#### WORK ITEM:
The answer must consist of every line from the data that holds the string "where".

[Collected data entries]
-- ===== src/Extension/Linked.antt =====
-- The voice session and the connection that it stands on
-- (addon/extensions/task_force_radio_pipe/src/Voice/VoiceSession.cpp: the callbacks of start, and
-- applyAudibility; Voice/VoiceNetworkClient.cpp: threadMain).
use task_force_radio_standal.Base.{
  leb, ◌==◌, if◌then◌else◌, if_keeps, All, All-append, any, Text, ℕ, zero, suc, ◌-◌, ◌/◌, ◌≡◌, refl,
  ◌∙◌, Bool, true, false, not, ◌||◌, Option, none, some, List, [], ◌∷◌,
}
use task_force_radio_standal.Base.Map.{Map}
use task_force_radio_standal.Float.{Float}
use task_force_radio_standal.Voice.Source.{RemoteSourceState, set_states}
use task_force_radio_standal.Voice.Mixer.{Mixer, set_source_states}
use task_force_radio_standal.Voice.Mixer.Kept.{
  AreFramed, Keeps, Keeps-refl, Keeps-trans, on_source-Keeps, set_states-IsFramed,
}
use task_force_radio_standal.Voice.Session.{
  AudibilityUpdate, Session, group_paths, set_groups, seen, silence, apply_audibility,
}
use task_force_radio_standal.Voice.Network.{
  Event, voice_frame, remote_joined, remote_left, radio_tx, connection_changed, sent, nonzero,
  read_voice_down, read_client_joined, read_client_left, read_radio_tx, handle_packet, ping_packet,
  Client, send_raw,
}
use task_force_radio_standal.Voice.Network.Thread.{
  ping_interval, or_nothing, pump_loop, roster_request_packet, ping_server,
}
use task_force_radio_standal.Protocol.{
  voice_down, client_joined, client_left, radio_tx_broadcast, packet_code, last_frame_flag,
  max_name_length, max_uid_length, max_freq_length, max_subtype_length, PacketWriter, read_byte,
  read_uint16, read_uint32, ◌>>=◌, read_string8,
}
use Prim.Native.Nat.{bit_and}

-- A callback other than a change of the connection.
abbrev pub IsPlain : Event → Type 0
IsPlain (connection_changed connected) = ⊥
IsPlain (voice_frame sender sequence is_last opus) = Unit
IsPlain (remote_joined session_id uid name) = Unit
IsPlain (remote_left session_id) = Unit
IsPlain (radio_tx sender active freq range sub) = Unit
IsPlain (sent bytes) = Unit

ArePlain : Option (List Event) → Type 0
ArePlain none = Unit
ArePlain (some events) = All IsPlain events

-- A reader that goes on with what it has read.
ArePlain-then {ℓ} :
    {A : Type ℓ} (o : Option A) (f : A → Option (List Event))
    → ((a : A) → ArePlain (f a))
    → ArePlain (o >>= f)
unfolding ArePlain
ArePlain-then none f h = tt
ArePlain-then (some a) f h = h a

one_plain : (e : Event) → IsPlain e → ArePlain (some (e ∷ []))
unfolding ArePlain
one_plain e h = (h, tt)

read_voice_down-ArePlain : (bs : Text) → ArePlain (read_voice_down bs)
unfolding read_voice_down
read_voice_down-ArePlain bs = ArePlain-then (read_uint32 bs) _ λ r.
    ArePlain-then (read_uint16 r.1) _ λ r'.
      ArePlain-then (read_byte r'.1) _
        λ r''. one_plain (voice_frame r.0 r'.0 (nonzero (bit_and r''.0 last_frame_flag)) r''.1) tt

read_client_joined-ArePlain : (bs : Text) → ArePlain (read_client_joined bs)
unfolding read_client_joined
read_client_joined-ArePlain bs = ArePlain-then (read_uint32 bs) _ λ r.
    ArePlain-then (read_string8 max_uid_length r.1) _ λ r'.
      ArePlain-then (read_string8 max_name_length r'.1) _
        λ r''. one_plain (remote_joined r.0 r'.0 r''.0) tt

read_client_left-ArePlain : (bs : Text) → ArePlain (read_client_left bs)
unfolding read_client_left
read_client_left-ArePlain bs = ArePlain-then (read_uint32 bs) _ λ r. one_plain (remote_left r.0) tt

read_radio_tx-ArePlain : (bs : Text) → ArePlain (read_radio_tx bs)
unfolding read_radio_tx
read_radio_tx-ArePlain bs = ArePlain-then (read_uint32 bs) _ λ r.
    ArePlain-then (read_byte r.1) _ λ r'. ArePlain-then (read_string8 max_freq_length r'.1) _ λ f.
      ArePlain-then (read_uint16 f.1) _ λ n.
        ArePlain-then (read_string8 max_subtype_length n.1) _
          λ s. one_plain (radio_tx r.0 (nonzero r'.0) f.0 n.0 s.0) tt

handle_packet-ArePlain : (datagram : Text) → ArePlain (handle_packet datagram)
unfolding handle_packet
handle_packet-ArePlain [] = unfold ArePlain in tt
handle_packet-ArePlain (code ∷ bs) =
    if_keeps ArePlain (code == packet_code voice_down) (λ _. read_voice_down-ArePlain bs)
      λ _.
        if_keeps ArePlain (code == packet_code client_joined) (λ _. read_client_joined-ArePlain bs)
          λ _.
            if_keeps ArePlain (code == packet_code client_left) (λ _. read_client_left-ArePlain bs)
              λ _.
                if_keeps ArePlain (code == packet_code radio_tx_broadcast)
                  (λ _. read_radio_tx-ArePlain bs) (λ _. unfold ArePlain in tt)

or_nothing-ArePlain : (o : Option (List Event)) → ArePlain o → All IsPlain (or_nothing o)
unfolding ArePlain
or_nothing-ArePlain none h = tt
or_nothing-ArePlain (some events) h = h

pub pump_loop-ArePlain :
    (n now : ℕ) (queue : List Text) (c : Client) → All IsPlain (pump_loop n now queue c).0
unfolding pump_loop
pump_loop-ArePlain zero now queue c = tt
pump_loop-ArePlain (suc n) now [] c = tt
pump_loop-ArePlain (suc n) now ([] ∷ queue) c = tt
pump_loop-ArePlain (suc n) now ((b ∷ bs) ∷ queue) c =
    All-append IsPlain _ _
      (or_nothing-ArePlain (handle_packet (b ∷ bs)) (handle_packet-ArePlain (b ∷ bs)))
      (pump_loop-ArePlain n now queue (record c { last_recv_time = now }))

send_raw-ArePlain : (packet : Option PacketWriter) (c : Client) → All IsPlain (send_raw packet c)
unfolding send_raw
send_raw-ArePlain none c =
    if_keeps (All IsPlain) (not c.has_socket || not c.connected) (λ _. tt) (λ _. tt)
send_raw-ArePlain (some w) c =
    if_keeps (All IsPlain) (not c.has_socket || not c.connected) (λ _. tt) (λ _. (tt, tt))

pub ping_server-ArePlain : (now : ℕ) (c : Client) → All IsPlain (ping_server now c).0
unfolding ping_server
ping_server-ArePlain now c =
    if_keeps {A = List Event × Client} (λ r. All IsPlain r.0)
      (leb ping_interval (now - c.last_ping_time))
      (λ _.
        All-append IsPlain _ _ (send_raw-ArePlain (ping_packet (now / 1000000)) c)
          (send_raw-ArePlain roster_request_packet c))
      (λ _. tt)

module _ (fl : Float) where
  -- The playback follows the connection's debug mode, and a session without a connection is empty.
  abbrev pub IsLinked : Bool → Bool → Session fl → Type 0
  IsLinked true forced s = (s.mixer.debug_force_audible ≡ forced) × AreFramed fl s.mixer
  IsLinked false forced s =
      (s.mixer.debug_force_audible ≡ false)
      × (s.mixer.sources ≡ [])
      × (s.uid_to_session ≡ [])
      × (s.name_to_session ≡ [])
      × (s.tx_cache ≡ [])

  -- The rosters and the cache are the same, and the mixer keeps what it has to.
  pub record Follows (s s' : Session fl) : Type 0 where
    pub mixer : Keeps fl s.mixer s'.mixer
    pub uids : s'.uid_to_session ≡ s.uid_to_session
    pub names : s'.name_to_session ≡ s.name_to_session
    pub cache : s'.tx_cache ≡ s.tx_cache

  pub Follows-IsLinked :
      (connected forced : Bool) (s s' : Session fl)
      → Follows s s'
      → IsLinked connected forced s
      → IsLinked connected forced s'
  Follows-IsLinked true forced s s' f (debug, framed) =
      (f.mixer.forced ∙ debug, f.mixer.framed framed)
  Follows-IsLinked false forced s s' f (debug, no_sources, uids, names, cache) = (
    f.mixer.forced ∙ debug,
    f.mixer.none_new no_sources,
    f.uids ∙ uids,
    f.names ∙ names,
    f.cache ∙ cache,
  )

  pub Follows-mixer :
      (s : Session fl) (m : Mixer fl) → Keeps fl s.mixer m → Follows s (record s { mixer = m })
  Follows-mixer s m h = record { mixer = h; uids = refl; names = refl; cache = refl }

  set_groups-Keeps :
      (g : Map ℕ (List (RemoteSourceState fl))) (m : Mixer fl) → Keeps fl m (set_groups fl g m)
  unfolding set_groups
  set_groups-Keeps [] m = Keeps-refl fl m
  set_groups-Keeps ((session_id, paths) ∷ g) m =
      Keeps-trans fl m (set_groups fl g m) _ (set_groups-Keeps g m) (
        on_source-Keeps fl session_id (set_states fl paths) (set_groups fl g m)
          (set_states-IsFramed fl paths))

  silence-Keeps :
      (before now_active : List ℕ) (m : Mixer fl) → Keeps fl m (silence fl before now_active m)
  unfolding silence
  silence-Keeps [] now_active m = Keeps-refl fl m
  silence-Keeps (session_id ∷ before) now_active m =
      let m' =
        if any (◌==◌ session_id) now_active then m else set_source_states fl session_id [] m in
      Keeps-trans fl m m' _
        (if_keeps (Keeps fl m) (any (◌==◌ session_id) now_active) (λ _. Keeps-refl fl m)
          (λ _. on_source-Keeps fl session_id (set_states fl []) m (set_states-IsFramed fl [])))
        (silence-Keeps before now_active m')

  pub apply_audibility-Follows :
      (units : List (AudibilityUpdate fl)) (s : Session fl)
      → Follows s (apply_audibility fl units s)
  unfolding apply_audibility
  apply_audibility-Follows units s =
      let g = group_paths fl units s [] in
      let grouped = set_groups fl g s.mixer in
      if_keeps (Follows s) s.mixer.debug_force_audible
        (λ _. Follows-mixer s s.mixer (Keeps-refl fl s.mixer))
        (λ _. record {
          mixer =
              Keeps-trans fl s.mixer grouped _ (set_groups-Keeps g s.mixer)
                (silence-Keeps s.last_active (seen fl g) grouped);
          uids = refl;
          names = refl;
          cache = refl;
        })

#### TASK OUTPUT:
module _ (fl : Float) where
  pub record Follows (s s' : Session fl) : Type 0 where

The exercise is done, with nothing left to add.